De duur van het commercieel portretrecht

Een belangrijk verschil tussen een door de rechter gecreëerd recht en een wettelijk IE-recht is wel dat de duur van dat ongeschreven IE-recht niet tevoren helder is afgebakend. Dit probleem is overigens niet uniek voor het portretrecht, maar speelt bijvoorbeeld ook bij de slaafse nabootsingsbescherming, waarvan evenmin duidelijk is wanneer die bescherming een einde neemt.[11] 
 Wanneer de rechter het commerciële portretrecht in het leven roept – en daarmee ‘de geest uit de fles laat’ – zal diezelfde rechter zich te zijner tijd dus ook over de duur van dat recht c.q. die bescherming moeten uitlaten en de daarbij behorende keuzes moeten maken. Dat recht mag immers niet tot in de eeuwigheid gaan rondspoken. Daarbij lijkt het mij voor de hand liggend dat die keuzes dan ‘aan de zuinige kant’ moeten uitpakken en komt het mij voor dat de duur van het portretrecht gekoppeld dient te worden aan het leven van de geportretteerde, al was het maar omdat het vooralsnog lastig en arbitrair lijkt om een ander enigszins geobjectiveerd ijkpunt voor de duur van dat recht te vinden. Het portretrecht wordt erkend om de financiële belangen van de geportretteerde met een verzilverbare populariteit te dienen en dan lijkt het logisch dat met het overlijden van die geportretteerde ook diens commerciële portretrecht ‘ten grave gedragen’ wordt.[12]  
 ‘Post mortem’ is de geportretteerde vervolgens niet helemaal rechteloos aangezien uit artikel 21 Aw mag worden afgeleid dat na diens overlijden zijn nabestaanden zich ook kunnen verzetten tegen gebruik wanneer zij daarbij een ‘redelijk belang’ hebben. Dat ‘redelijke belang’ dient naar het mij voorkomt beperkt te worden uitgelegd dient zich te beperken tot enkel persoonlijkheidsrechtelijke portretrechten. De toegevoegde waarde van artikel 21 Aw is in mijn ogen dan ook dat het er voor beoogt te zorgen dat de nabestaanden na het overlijden van de geportretteerde nog over zijn ‘zedelijke belangen’ kunnen waken, zoals de wetgever dat in 1921 ook voor ogen stond.

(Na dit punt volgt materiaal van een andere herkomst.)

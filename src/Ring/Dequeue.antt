-- ===== src/Ring/Dequeue.antt =====
-- dequeue and release: a consumer takes the oldest committed record, and gives the cell back.
use native.Mathlib.Nat.{add-mod_right}
use native.Mathlib.Decide.{dec_lt}
use vautlage.Prelude.{ℕ, suc, ◌+◌, ◌%◌, ◌≤◌, ◌<◌, ◌≡◌, ◌≢◌, ◌⊎◌, inl, inr, ap, none, some, arith}
use vautlage.Record.{Record}
use vautlage.Ring.{Ring, read_cell, dequeue, release}
use vautlage.Ring.Valid.{IsValid, Taken, seq_at, index_eq}
use vautlage.Ring.Publish.{write-IsValid}

abbrev pub taken : Ring → Ring
taken r = record r { head = r.head + 1 }

-- Below the commit index and not yet dequeued: published.
pub committed-turn :
    {r : Ring} → IsValid r → (p : ℕ) → r.head ≤ p → p < r.commit → seq_at r p ≡ p + 1
committed-turn {r} v p lo hi = omega (
  arith,
  v.slots (p + r.capacity) (omega (arith, v.room)) (omega (arith, v.commit_le)),
  ap (λ i. (r.cells i).seq) (add-mod_right p r.capacity),
)

pub taken-IsValid : {r : Ring} → IsValid r → r.head < r.commit → IsValid (taken r)
taken-IsValid {r} v lt = record {
  shift = v.shift;
  size = v.size;
  many = v.many;
  bound = v.bound;
  masked = v.masked;
  head_le = omega arith;
  commit_le = v.commit_le;
  room = omega (arith, v.room);
  fresh = v.fresh;
  slots = λ p lo hi. omega (arith, v.slots p lo hi);
}

-- On a valid ring dequeue ends in its first round, and never takes the branch for a broken
-- invariant. If a committed record is left, it reads the record at the head for this consumer alone
-- and keeps the ring valid; otherwise it changes nothing.
pub dequeue_lem :
    (fuel : ℕ) {r : Ring}
    → IsValid r
    → (rec : Record)
    → ((r.head < r.commit)
        × (dequeue (suc fuel) r rec ≡ some (some r.head, read_cell r r.head rec, taken r))
        × IsValid (taken r)
        × Taken (taken r) r.head)
      ⊎ ((r.head ≡ r.commit) × (dequeue (suc fuel) r rec ≡ some (none, rec, r)))
unfolding dequeue
dequeue_lem fuel {r} v rec = elim (dec_lt r.head r.commit) [
  | yes lt ↦ inl (
    lt,
    ground (arith, index_eq v r.head, v.fresh, v.commit_le, committed-turn v r.head),
    taken-IsValid v lt,
    record {
      given = omega arith;
      recent = v.room;
      turn = committed-turn v r.head (omega arith) lt;
    },
  )
  | no nlt ↦ inr (omega (arith, v.head_le), ground (arith, v.head_le))
]

-- The consumer that holds `pos` releases it: the ring stays valid, and the cell is free for the
-- producer one lap on.
pub release_lem :
    {r : Ring}
    → IsValid r
    → {pos : ℕ} → Taken r pos
    → IsValid (release r pos) × (seq_at (release r pos) (pos + r.capacity) ≡ pos + r.capacity)
unfolding release
release_lem {r} v {pos} t = (
  write-IsValid v pos _ (omega (arith, t.given, v.head_le, v.commit_le)) t.recent
      (inr (ground (arith, v.fresh, t.given, v.head_le, v.commit_le), t.given)),
  ground (
    arith,
    index_eq v pos,
    add-mod_right pos r.capacity,
    v.fresh,
    t.given,
    v.head_le,
    v.commit_le,
  ),
)

pub seq_at-release_ne :
    {r : Ring}
    → IsValid r
    → (pos q : ℕ) → q % r.capacity ≢ pos % r.capacity
    → seq_at (release r pos) q ≡ seq_at r q
unfolding release
seq_at-release_ne {r} v pos q ne = ground (arith, index_eq v pos)
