-- ===== src/Ring/Models.antt =====
-- A ring whose claims are all published and whose deliveries are all released, as the queue of the
-- records between its head and its tail.
use vautlage.Prelude.{ℕ, ◌+◌, ◌-◌, ◌≤◌, ◌<◌, ◌≡◌, refl}
use vautlage.Record.{Record}
use vautlage.Ring.{Ring, cell, read_cell}
use vautlage.Ring.Valid.{IsValid, seq_at}
use vautlage.Ring.Claim.{claimed}
use vautlage.Ring.Publish.{at_commit}
use vautlage.Ring.Dequeue.{taken}
use vautlage.Ring.Entries.{entry, entries}
use vautlage.Ring.Fifo.{Fifo}

pub record Models (r : Ring) (q : Fifo) : Type 0 where
  pub valid : IsValid r
  pub settled : r.commit ≡ r.tail
  pub returned : (p : ℕ) → r.tail ≤ p → p < r.head + r.capacity → seq_at r p ≡ p
  pub items : q.items ≡ entries r r.head (r.tail - r.head)
  pub count : q.count ≡ r.tail

-- What a consumer reads depends on the cells alone.
pub entry-at_commit : (r : Ring) (n p : ℕ) → entry (at_commit r n) p ≡ entry r p
unfolding read_cell cell
entry-at_commit r n p = refl

pub entry-claimed : (r : Ring) (p : ℕ) → entry (claimed r) p ≡ entry r p
unfolding read_cell cell
entry-claimed r p = refl

pub entry-taken : (r : Ring) (p : ℕ) → entry (taken r) p ≡ entry r p
unfolding read_cell cell
entry-taken r p = refl

pub read_cell-entry :
    (r : Ring) (p : ℕ) (rec : Record) → read_cell r p rec ≡ record (entry r p) { shard = rec.shard }
unfolding read_cell cell
read_cell-entry r p rec = refl
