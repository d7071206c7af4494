-- ===== src/Ring/Serve.antt =====
-- A consumer of a ring that models a queue is served the oldest record.
use native.Mathlib.Decide.{ℕ_discrete}
use vautlage.Prelude.{
  ℕ, suc, ◌+◌, ◌-◌, ◌≤◌, ◌<◌, ◌≡◌, inl, inr, List, [], ◌∷◌, none, some, ap, arith, ◌∙◌, sym, ◌⊎◌,
}
use vautlage.Record.{Record}
use vautlage.Ring.{Ring, dequeue, release, write_cell}
use vautlage.Ring.Valid.{IsValid, Taken, seq_at, lap_injective}
use vautlage.Ring.Dequeue.{taken, dequeue_lem, release_lem, seq_at-release_ne}
use vautlage.Ring.Entries.{entry, entries, entries-congr, entry-release}
use vautlage.Ring.Models.{Models, entry-taken, read_cell-entry}
use vautlage.Ring.Fifo.{Fifo}

-- What dequeue and then release do to the queue.
abbrev pub Serves : ℕ → Ring → Fifo → Record → Type 0
Serves fuel r q rec =
    ((q.items ≡ []) × (dequeue (suc fuel) r rec ≡ some (none, rec, r)))
    ⊎ ((x : Record) × (xs : List Record) × (q.items ≡ x ∷ xs)
        × (dequeue (suc fuel) r rec ≡ some (some r.head, record x { shard = rec.shard }, taken r))
        × Models (release (taken r) r.head) (record { items = xs; count = q.count }))

module _ {r : Ring} {q : Fifo} (m : Models r q) where
  open m use {valid, settled, returned, items, count}

  serve_first :
      r.head < r.commit
      → IsValid (taken r)
      → Taken (taken r) r.head
      → Models
          (release (taken r) r.head)
          (record { items = entries r (suc r.head) (r.tail - suc r.head); count = q.count })
  unfolding release write_cell
  serve_first lt tv tk = record {
    valid = (release_lem tv tk).0;
    settled = settled;
    returned = given_back;
    items = rest;
    count = count;
  }
    where
      given_back :
          (p : ℕ)
          → r.tail ≤ p
          → p < r.head + 1 + r.capacity
          → seq_at (release (taken r) r.head) p ≡ p
      given_back p lo hi = elim (ℕ_discrete p (r.head + r.capacity)) [
        | yes e ↦ rw e (release_lem tv tk).1
        | no ne ↦
            seq_at-release_ne tv r.head p (λ e. omega (
              arith,
              settled,
              lap_injective r.capacity r.head p r.head (omega (arith, settled)) (omega arith)
                  (omega arith) (omega (arith, valid.many)) e,
            ))
            ∙ returned p lo (omega arith)
      ]

      rest :
          entries r (suc r.head) (r.tail - suc r.head)
          ≡ entries (release (taken r) r.head) (r.head + 1) (r.tail - (r.head + 1))
      rest =
          let next : suc r.head ≡ r.head + 1 = omega arith in
          ap (λ p. entries r p (r.tail - p)) next
          ∙ entries-congr r (release (taken r) r.head) (r.head + 1) (r.tail - (r.head + 1))
              (λ p lo hi. sym (entry-release (taken r) r.head p ∙ entry-taken r p))

  pub serve_lem : (fuel : ℕ) (rec : Record) → Serves fuel r q rec
  serve_lem fuel rec = elim (dequeue_lem fuel valid rec) [
    | inr (e, run) ↦
        let none_left : r.tail - r.head ≡ 0 = omega (arith, settled) in
        inl (items ∙ ap (entries r r.head) none_left, run)
    | inl (lt, run, tv, tk) ↦
        let some_left : r.tail - r.head ≡ suc (r.tail - suc r.head) = omega (arith, settled) in
        inr (
          entry r r.head,
          entries r (suc r.head) (r.tail - suc r.head),
          items ∙ ap (entries r r.head) some_left,
          run ∙ rw (read_cell-entry r r.head rec),
          serve_first lt tv tk,
        )
  ]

Het commercieel portretrecht als vermogensrecht

Met het Schaep-arrest van 1979 ‘omarmde’ de Hoge Raad de financiële belangen van personen met een verzilverbare populariteit, “mede gezien de ontwikkeling in de maatschappelijke opvattingen dienaangaande (…)”. Die overweging vormde de opmaat naar de volgende overweging: “Het belang van de geportretteerden om dan in de voordelen van zulke exploitatie mee te kunnen delen door de openbaarmaking van hun portretten voor commerciële doeleinden niet te hoeven toelaten zonder daarvoor vergoeding te ontvangen, is een redelijk belang in de zin van art. 21.” 
 Opvallend is dat de Hoge Raad  hier spreekt over het kunnen meedelen in de exploitatie door de geportretteerde door geen openbaarmaking te hoeven toelaten. Die overweging is geschreven vanuit het perspectief van geportretteerde die vooraf beschikkingshandelingen moet kunnen verrichten, in plaats van alleen maar te kunnen beschikken over een zorgvuldigheidnorm die enkel ‘after the fact’ uitkomst biedt tegen in de toekomst eventueel onrechtmatig handelende derden.[13]  Zoals in het Teddy Scholten-arrest aan de orde was, is het belang van de geportretteerde nu juist dat hij vooraf zaken kan doen met derden en, al dan niet exclusieve, licenties aan derden kan verstrekken. Dat is hetzelfde belang en sluit aan bij dezelfde praktijk die geldt voor een auteursrechthebbende, een merkhouder of een uitvoerend kunstenaar met een naburig recht, die allen vooraf ter zake van de betreffende vermogensrechten beschikkingshandelingen kunnen verrichten. In geval van merchandising is het portretrecht bovendien ook niet meer dan één van de juridische vlaggen die de lading – het kunnen gebruiken van de afbeelding van een celebrity – dekken en zal de merchandiser moeten kunnen beschikken over alle relevante rechten, zoals ook de auteursrechten op de gebruikte afbeelding en eventuele merkrechten. 
 Het belang van de geportretteerde en de maatschappelijk ontwikkeling – waar de Hoge Raad in het Schaep-arrest beslissende betekenis aan toekende – brengt dan ook met zich dat dit portretrecht evenzeer als het auteursrecht of een naburig recht gewoon als een vermogensrecht dient te kunnen worden aangemerkt. Bovendien kan ook geconstateerd worden dat er geen sprake is van een duidelijk probleem dat wordt opgelost door het portretrecht die vermogensrechtelijke status te onthouden, zodat er dan ook geen redelijke argumenten tegen de kwalificatie als vermogensrechten lijken te pleiten.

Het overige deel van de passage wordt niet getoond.